Sadly, coming to terms with asymmetrical distribution of political power, the West is now exercising its economic power, a default outcome. This includes the potential repatriation of Alberta's contribution to the Canada Pension Plan and a renegotiation of our equalization formula. Among other shortcomings and its sneaky renewal buried in a budget omnibus bill, equalization is biased in favor of provinces powered by hydroelectricity versus fossil fuels. There will be other opportunities for economic advantage to replace political disadvantage.

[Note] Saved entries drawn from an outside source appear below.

-- ===== src/Collector/Jobs/Outcomes.antt =====
-- What the jobs of collector/scheduler.py leave in the storage, and what can come out of them.
use pg_monitor.Prelude.{
  ℕ, ◌≡◌, refl, sym, ap, ◌∙◌, ◌⊎◌, inl, inr, String, Bool, Bool-cases, false, arith,
}
use pg_monitor.Exn.{Exn, Result, ok, err, is_collector_error, is_storage_error, is_timeout_error}
use pg_monitor.Collector.Models.{Objects, FloatObjects}
use pg_monitor.Collector.Context.{Profile, runtime, queries, Context}
use pg_monitor.Collector.Service.{CollectorRepository, collect_runtime_once, collect_queries_once}
use pg_monitor.Collector.Jobs.{
  World, wait_for, end_job, store_snapshot, run_job, run_runtime_job, run_queries_job,
}
use pg_monitor.Storage.Session.{Session, Db}
use pg_monitor.Storage.Session.Keeps.{Keeps}
use pg_monitor.Storage.Uow.{with_uow}
use pg_monitor.Storage.Uow.Atomicity.{entered, IsAtomic, is_ok, with_uow-IsAtomic}
use pg_monitor.Storage.Queries.Write.{write_query_snapshot}
use pg_monitor.Storage.Queries.Write.Outcomes.{write_query_snapshot-IsWrite}
use pg_monitor.Storage.Runtime.Write.{write_runtime_snapshot}
use pg_monitor.Storage.Runtime.Write.Outcomes.{write_runtime_snapshot-Keeps}

-- No `except` clause of a job names the class of the exception.
pub record Escapes (e : Exn) : Type 0 where
  pub no_collector_error : is_collector_error e ≡ false
  pub no_storage_error : is_storage_error e ≡ false
  pub no_timeout_error : is_timeout_error e ≡ false

-- Of a job that collected `collected` and writes with `write`, with the result `r` and the end `w'`: it returns, or an
-- exception leaves it that no clause names; and either nothing was committed, or a snapshot was collected, its write
-- returned, and what it wrote was committed.
pub record IsJob {F A : Type 0} (write : A → Db F ℕ) (collected : Result A) (w : World F)
    (r : Result (Unit {0})) (w' : World F) : Type 0 where
  pub contained : (r ≡ ok tt) ⊎ ((e : Exn) × (r ≡ err e) × Escapes e)
  pub all_or_nothing :
      (w'.session.committed ≡ w.session.committed)
      ⊎ ((snapshot : A) × (n : ℕ) × (collected ≡ ok snapshot)
          × ((write snapshot (entered w.session)).0 ≡ ok n)
          × (w'.session.committed ≡ (write snapshot (entered w.session)).1.tables)
          × (r ≡ ok tt))

module _ {F : Type 0} where
  end_job-contained :
      (profile : Profile) (db : String) (r : Result ℕ) (w : World F)
      → let out = end_job profile db r w in
        (out.0 ≡ ok tt) ⊎ ((e : Exn) × (out.0 ≡ err e) × Escapes e)
  unfolding end_job
  end_job-contained profile db (ok n) w = inl refl
  end_job-contained profile db (err e) w = elim (Bool-cases (is_collector_error e)) [
    | inl t ↦ inl (rw t refl)
    | inr c ↦ elim (Bool-cases (is_storage_error e)) [
      | inl t ↦ inl (rw (c, t) refl)
      | inr s ↦ elim (Bool-cases (is_timeout_error e)) [
        | inl t ↦ inl (rw (c, s, t) refl)
        | inr t ↦ inr (
          e,
          rw (c, s, t) refl,
          record { no_collector_error = c; no_storage_error = s; no_timeout_error = t },
        )
      ]
    ]
  ]

  end_job-session :
      (profile : Profile) (db : String) (r : Result ℕ) (w : World F)
      → (end_job profile db r w).1.session ≡ w.session
  unfolding end_job
  end_job-session profile db (ok n) w = refl
  end_job-session profile db (err e) w = ground arith

  end_job-ok :
      (profile : Profile) (db : String) (r : Result ℕ) (w : World F) (n : ℕ)
      → r ≡ ok n
      → (end_job profile db r w).0 ≡ ok tt
  unfolding end_job
  end_job-ok profile db (ok m) w n e = refl
  end_job-ok profile db (err x) w n e = cc

module _ {F A : Type 0} (profile : Profile) (db : A → String) (write : A → Db F ℕ)
    (keeps : (snapshot : A) → Keeps (write snapshot)) where
  unit : A → World F → Result ℕ × Session F
  unit snapshot w = with_uow (write snapshot) w.session

  ended : A → World F → Result (Unit {0}) × World F
  unfolding unit
  ended snapshot w =
      end_job profile (db snapshot) (unit snapshot w).0 (record w { session = (unit snapshot w).1 })

  unit-IsAtomic :
      (snapshot : A) (w : World F)
      → let b = write snapshot (entered w.session) in
        IsAtomic w.session b.1 b.0 (unit snapshot w).0 (unit snapshot w).1
  unfolding unit
  unit-IsAtomic snapshot w =
      let k = keeps snapshot (entered w.session) in
      with_uow-IsAtomic (write snapshot) w.session k.still_entered k.not_committed

  ended-session :
      (snapshot : A) (w : World F)
      → (ended snapshot w).1.session.committed ≡ (unit snapshot w).1.committed
  unfolding ended
  ended-session snapshot w =
      ap (λ s. s.committed)
        (end_job-session profile (db snapshot) (unit snapshot w).0
          (record w { session = (unit snapshot w).1 }))

  ended-all_or_nothing :
      (snapshot : A) (w : World F) (r : Result ℕ)
      → r ≡ (unit snapshot w).0
      → ((ended snapshot w).1.session.committed ≡ w.session.committed)
        ⊎ ((a : A) × (n : ℕ) × (ok snapshot ≡ ok a)
            × ((write a (entered w.session)).0 ≡ ok n)
            × ((ended snapshot w).1.session.committed ≡ (write a (entered w.session)).1.tables)
            × ((ended snapshot w).0 ≡ ok tt))
  unfolding ended
  ended-all_or_nothing snapshot w (ok n) e =
      let c = (unit-IsAtomic snapshot w).committed (ap is_ok (sym e)) in
      inr (
        snapshot,
        n,
        refl,
        sym c.1 ∙ sym e,
        ended-session snapshot w ∙ c.0,
        end_job-ok profile (db snapshot) (unit snapshot w).0 _ n (sym e),
      )
  ended-all_or_nothing snapshot w (err x) e =
      inl (ended-session snapshot w ∙ (unit-IsAtomic snapshot w).rolled_back (ap is_ok (sym e)))

  ended-contained :
      (snapshot : A) (w : World F)
      → ((ended snapshot w).0 ≡ ok tt) ⊎ ((e : Exn) × ((ended snapshot w).0 ≡ err e) × Escapes e)
  unfolding ended
  ended-contained snapshot w = end_job-contained profile (db snapshot) (unit snapshot w).0 _

  store_snapshot-IsJob :
      (collected : Result A) (w : World F)
      → let out = store_snapshot profile db write collected w in IsJob write collected w out.0 out.1
  unfolding store_snapshot ended
  store_snapshot-IsJob (err e) w = record {
    contained = end_job-contained profile "" (err e) w;
    all_or_nothing = inl (ap (λ s. s.committed) (end_job-session profile "" (err e) w));
  }
  store_snapshot-IsJob (ok snapshot) w = record {
    contained = ended-contained snapshot w;
    all_or_nothing = ended-all_or_nothing snapshot w (unit snapshot w).0 refl;
  }

  run_job-IsJob :
      (expired : Bool) (collect : Context → Result A × Context) (w : World F)
      → let out = run_job profile db write expired collect w in
        IsJob write (wait_for expired (collect w.context).0) w out.0 out.1
  unfolding run_job
  run_job-IsJob expired collect w =
      let k =
        store_snapshot-IsJob (wait_for expired (collect w.context).0)
          (record w { context = (collect w.context).1 }) in
      record { contained = k.contained; all_or_nothing = k.all_or_nothing }

module _ {F V : Type 0} ⦃py : Objects V⦄ ⦃fp : FloatObjects F V⦄
    (repository : CollectorRepository V) (now : ℕ) (uuid : String) (expired : Bool)
    (w : World F) where
  -- Whatever the monitored server answers, the time limit cuts off and the storage fails, a runtime job and a queries
  -- job each commit all that the write of a collected snapshot wrote, or nothing, and no collector error, storage error
  -- or timeout comes out of them.
  pub jobs-IsJob :
      (let out = run_runtime_job repository now uuid expired w in
        IsJob write_runtime_snapshot
          (wait_for expired (collect_runtime_once repository now uuid w.context).0)
          w
          out.0
          out.1)
      × (let out = run_queries_job repository now uuid expired w in
          IsJob write_query_snapshot
            (wait_for expired (collect_queries_once repository now uuid w.context).0)
            w
            out.0
            out.1)
  unfolding run_runtime_job run_queries_job
  jobs-IsJob = (
    run_job-IsJob runtime (λ r. r.db_identifier) write_runtime_snapshot write_runtime_snapshot-Keeps
        expired (collect_runtime_once repository now uuid) w,
    run_job-IsJob queries (λ r. r.db_identifier) write_query_snapshot
        (λ snapshot s.
          let k = write_query_snapshot-IsWrite snapshot s in
          record { not_committed = k.not_committed; still_entered = k.still_entered })
        expired (collect_queries_once repository now uuid) w,
  )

How can we have a great country with such an attitude you may ask? Perhaps direct that question to those of the Laurentian Elite who refuse every approach from the West to fully engage and contribute to policy and strategy formulation, rather than the current inordinate, but necessary Western fixation on protecting ourselves from de jure, but not de facto, fellow citizens.
In a federation trust may not be an institution, but it is the foundation of governments and citizens joining hands and minds to create common goals and respected institutions.
Trust in Canada, badly broken by prolonged Laurentian Elite intransigence, may now be very difficult to reestablish.